Saved data entries
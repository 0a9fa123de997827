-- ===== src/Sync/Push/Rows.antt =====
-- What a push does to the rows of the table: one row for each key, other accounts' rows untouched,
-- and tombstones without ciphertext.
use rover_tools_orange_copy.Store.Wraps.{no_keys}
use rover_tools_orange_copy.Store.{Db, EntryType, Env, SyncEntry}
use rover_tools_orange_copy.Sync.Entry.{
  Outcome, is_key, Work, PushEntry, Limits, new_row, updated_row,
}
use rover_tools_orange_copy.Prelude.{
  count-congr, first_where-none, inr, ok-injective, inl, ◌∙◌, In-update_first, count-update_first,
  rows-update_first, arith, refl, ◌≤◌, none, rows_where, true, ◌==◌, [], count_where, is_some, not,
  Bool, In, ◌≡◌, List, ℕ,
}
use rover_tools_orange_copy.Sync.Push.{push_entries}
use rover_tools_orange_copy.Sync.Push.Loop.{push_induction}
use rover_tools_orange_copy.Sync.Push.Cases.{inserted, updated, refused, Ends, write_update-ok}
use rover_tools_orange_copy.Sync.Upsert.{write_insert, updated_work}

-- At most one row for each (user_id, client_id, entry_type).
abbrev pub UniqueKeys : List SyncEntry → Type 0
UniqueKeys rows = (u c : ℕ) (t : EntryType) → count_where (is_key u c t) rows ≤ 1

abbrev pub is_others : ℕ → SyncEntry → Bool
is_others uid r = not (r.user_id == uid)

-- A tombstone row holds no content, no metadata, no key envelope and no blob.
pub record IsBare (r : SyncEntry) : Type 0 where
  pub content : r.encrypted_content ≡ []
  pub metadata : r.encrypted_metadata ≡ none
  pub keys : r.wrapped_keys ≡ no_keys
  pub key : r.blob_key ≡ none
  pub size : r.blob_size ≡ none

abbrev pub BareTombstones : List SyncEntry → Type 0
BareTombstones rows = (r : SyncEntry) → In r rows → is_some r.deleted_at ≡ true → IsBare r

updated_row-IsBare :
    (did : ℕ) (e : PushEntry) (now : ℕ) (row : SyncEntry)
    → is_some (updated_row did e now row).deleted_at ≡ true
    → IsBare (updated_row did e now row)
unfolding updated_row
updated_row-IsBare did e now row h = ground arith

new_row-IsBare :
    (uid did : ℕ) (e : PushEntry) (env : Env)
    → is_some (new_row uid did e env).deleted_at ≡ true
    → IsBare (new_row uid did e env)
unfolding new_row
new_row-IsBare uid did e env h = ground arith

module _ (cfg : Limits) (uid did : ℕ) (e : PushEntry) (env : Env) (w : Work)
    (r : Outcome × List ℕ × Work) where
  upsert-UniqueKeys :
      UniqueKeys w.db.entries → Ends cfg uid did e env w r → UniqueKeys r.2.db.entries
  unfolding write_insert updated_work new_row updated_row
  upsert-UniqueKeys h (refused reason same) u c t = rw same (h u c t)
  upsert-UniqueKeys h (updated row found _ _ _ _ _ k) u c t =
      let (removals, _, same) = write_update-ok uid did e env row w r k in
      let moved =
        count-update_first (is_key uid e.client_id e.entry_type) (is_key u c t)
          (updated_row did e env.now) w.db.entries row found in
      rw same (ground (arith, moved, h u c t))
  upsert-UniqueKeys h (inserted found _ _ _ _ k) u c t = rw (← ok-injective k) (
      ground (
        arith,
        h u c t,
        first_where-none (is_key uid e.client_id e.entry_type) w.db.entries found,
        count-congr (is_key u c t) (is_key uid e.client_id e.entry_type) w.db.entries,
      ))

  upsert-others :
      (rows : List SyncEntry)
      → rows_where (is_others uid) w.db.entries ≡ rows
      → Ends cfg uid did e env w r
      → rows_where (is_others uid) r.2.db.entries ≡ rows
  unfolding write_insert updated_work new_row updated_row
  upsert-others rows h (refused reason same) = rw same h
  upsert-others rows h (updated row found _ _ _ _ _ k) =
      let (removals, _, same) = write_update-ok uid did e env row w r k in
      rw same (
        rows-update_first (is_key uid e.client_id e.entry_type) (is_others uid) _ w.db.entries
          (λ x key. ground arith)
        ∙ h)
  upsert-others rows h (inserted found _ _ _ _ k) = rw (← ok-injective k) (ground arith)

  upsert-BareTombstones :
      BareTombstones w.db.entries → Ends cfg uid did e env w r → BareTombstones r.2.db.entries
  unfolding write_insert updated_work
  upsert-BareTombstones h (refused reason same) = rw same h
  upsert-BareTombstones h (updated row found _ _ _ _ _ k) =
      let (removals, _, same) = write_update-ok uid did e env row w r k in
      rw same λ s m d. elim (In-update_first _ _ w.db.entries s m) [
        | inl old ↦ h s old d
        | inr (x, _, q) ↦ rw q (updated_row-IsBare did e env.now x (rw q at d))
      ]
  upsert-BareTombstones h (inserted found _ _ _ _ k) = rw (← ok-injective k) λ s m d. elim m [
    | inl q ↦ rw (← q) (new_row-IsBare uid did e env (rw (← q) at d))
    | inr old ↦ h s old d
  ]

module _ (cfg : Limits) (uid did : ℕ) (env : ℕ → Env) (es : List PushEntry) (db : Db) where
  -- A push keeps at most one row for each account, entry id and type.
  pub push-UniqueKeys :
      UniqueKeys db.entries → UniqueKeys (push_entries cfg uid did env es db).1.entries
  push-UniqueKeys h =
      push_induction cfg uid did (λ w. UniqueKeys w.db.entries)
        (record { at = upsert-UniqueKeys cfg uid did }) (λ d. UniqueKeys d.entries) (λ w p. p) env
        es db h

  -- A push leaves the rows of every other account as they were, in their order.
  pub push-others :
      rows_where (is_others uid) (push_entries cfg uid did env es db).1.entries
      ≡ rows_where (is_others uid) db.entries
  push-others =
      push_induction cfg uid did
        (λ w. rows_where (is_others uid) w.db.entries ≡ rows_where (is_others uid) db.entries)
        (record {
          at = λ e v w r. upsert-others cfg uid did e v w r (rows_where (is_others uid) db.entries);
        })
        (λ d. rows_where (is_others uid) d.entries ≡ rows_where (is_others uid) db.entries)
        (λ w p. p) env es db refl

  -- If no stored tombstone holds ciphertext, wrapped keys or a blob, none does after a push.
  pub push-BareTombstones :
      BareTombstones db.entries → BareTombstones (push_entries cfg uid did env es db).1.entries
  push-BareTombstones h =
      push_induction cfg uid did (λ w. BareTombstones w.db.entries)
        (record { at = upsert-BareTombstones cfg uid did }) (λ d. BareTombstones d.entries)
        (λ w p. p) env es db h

Try it
Look for the line with "upsert-BareTombstones h (refused" in the records above. Repeat it and each line after it exactly.

Exercise response
  upsert-BareTombstones h (refused reason same) = rw same h
  upsert-BareTombstones h (updated row found _ _ _ _ _ k) =
      let (removals, _, same) = write_update-ok uid did e env row w r k in
      rw same λ s m d. elim (In-update_first _ _ w.db.entries s m) [
        | inl old ↦ h s old d
        | inr (x, _, q) ↦ rw q (updated_row-IsBare did e env.now x (rw q at d))
      ]
  upsert-BareTombstones h (inserted found _ _ _ _ k) = rw (← ok-injective k) λ s m d. elim m [
    | inl q ↦ rw (← q) (new_row-IsBare uid did e env (rw (← q) at d))
    | inr old ↦ h s old d
  ]

module _ (cfg : Limits) (uid did : ℕ) (env : ℕ → Env) (es : List PushEntry) (db : Db) where
  -- A push keeps at most one row for each account, entry id and type.
  pub push-UniqueKeys :
      UniqueKeys db.entries → UniqueKeys (push_entries cfg uid did env es db).1.entries
  push-UniqueKeys h =
      push_induction cfg uid did (λ w. UniqueKeys w.db.entries)
        (record { at = upsert-UniqueKeys cfg uid did }) (λ d. UniqueKeys d.entries) (λ w p. p) env
        es db h

  -- A push leaves the rows of every other account as they were, in their order.
  pub push-others :
      rows_where (is_others uid) (push_entries cfg uid did env es db).1.entries
      ≡ rows_where (is_others uid) db.entries
  push-others =
      push_induction cfg uid did
        (λ w. rows_where (is_others uid) w.db.entries ≡ rows_where (is_others uid) db.entries)
        (record {
          at = λ e v w r. upsert-others cfg uid did e v w r (rows_where (is_others uid) db.entries);
        })
        (λ d. rows_where (is_others uid) d.entries ≡ rows_where (is_others uid) db.entries)
        (λ w p. p) env es db refl

  -- If no stored tombstone holds ciphertext, wrapped keys or a blob, none does after a push.
  pub push-BareTombstones :
      BareTombstones db.entries → BareTombstones (push_entries cfg uid did env es db).1.entries
  push-BareTombstones h =
      push_induction cfg uid did (λ w. BareTombstones w.db.entries)
        (record { at = upsert-BareTombstones cfg uid did }) (λ d. BareTombstones d.entries)
        (λ w p. p) env es db h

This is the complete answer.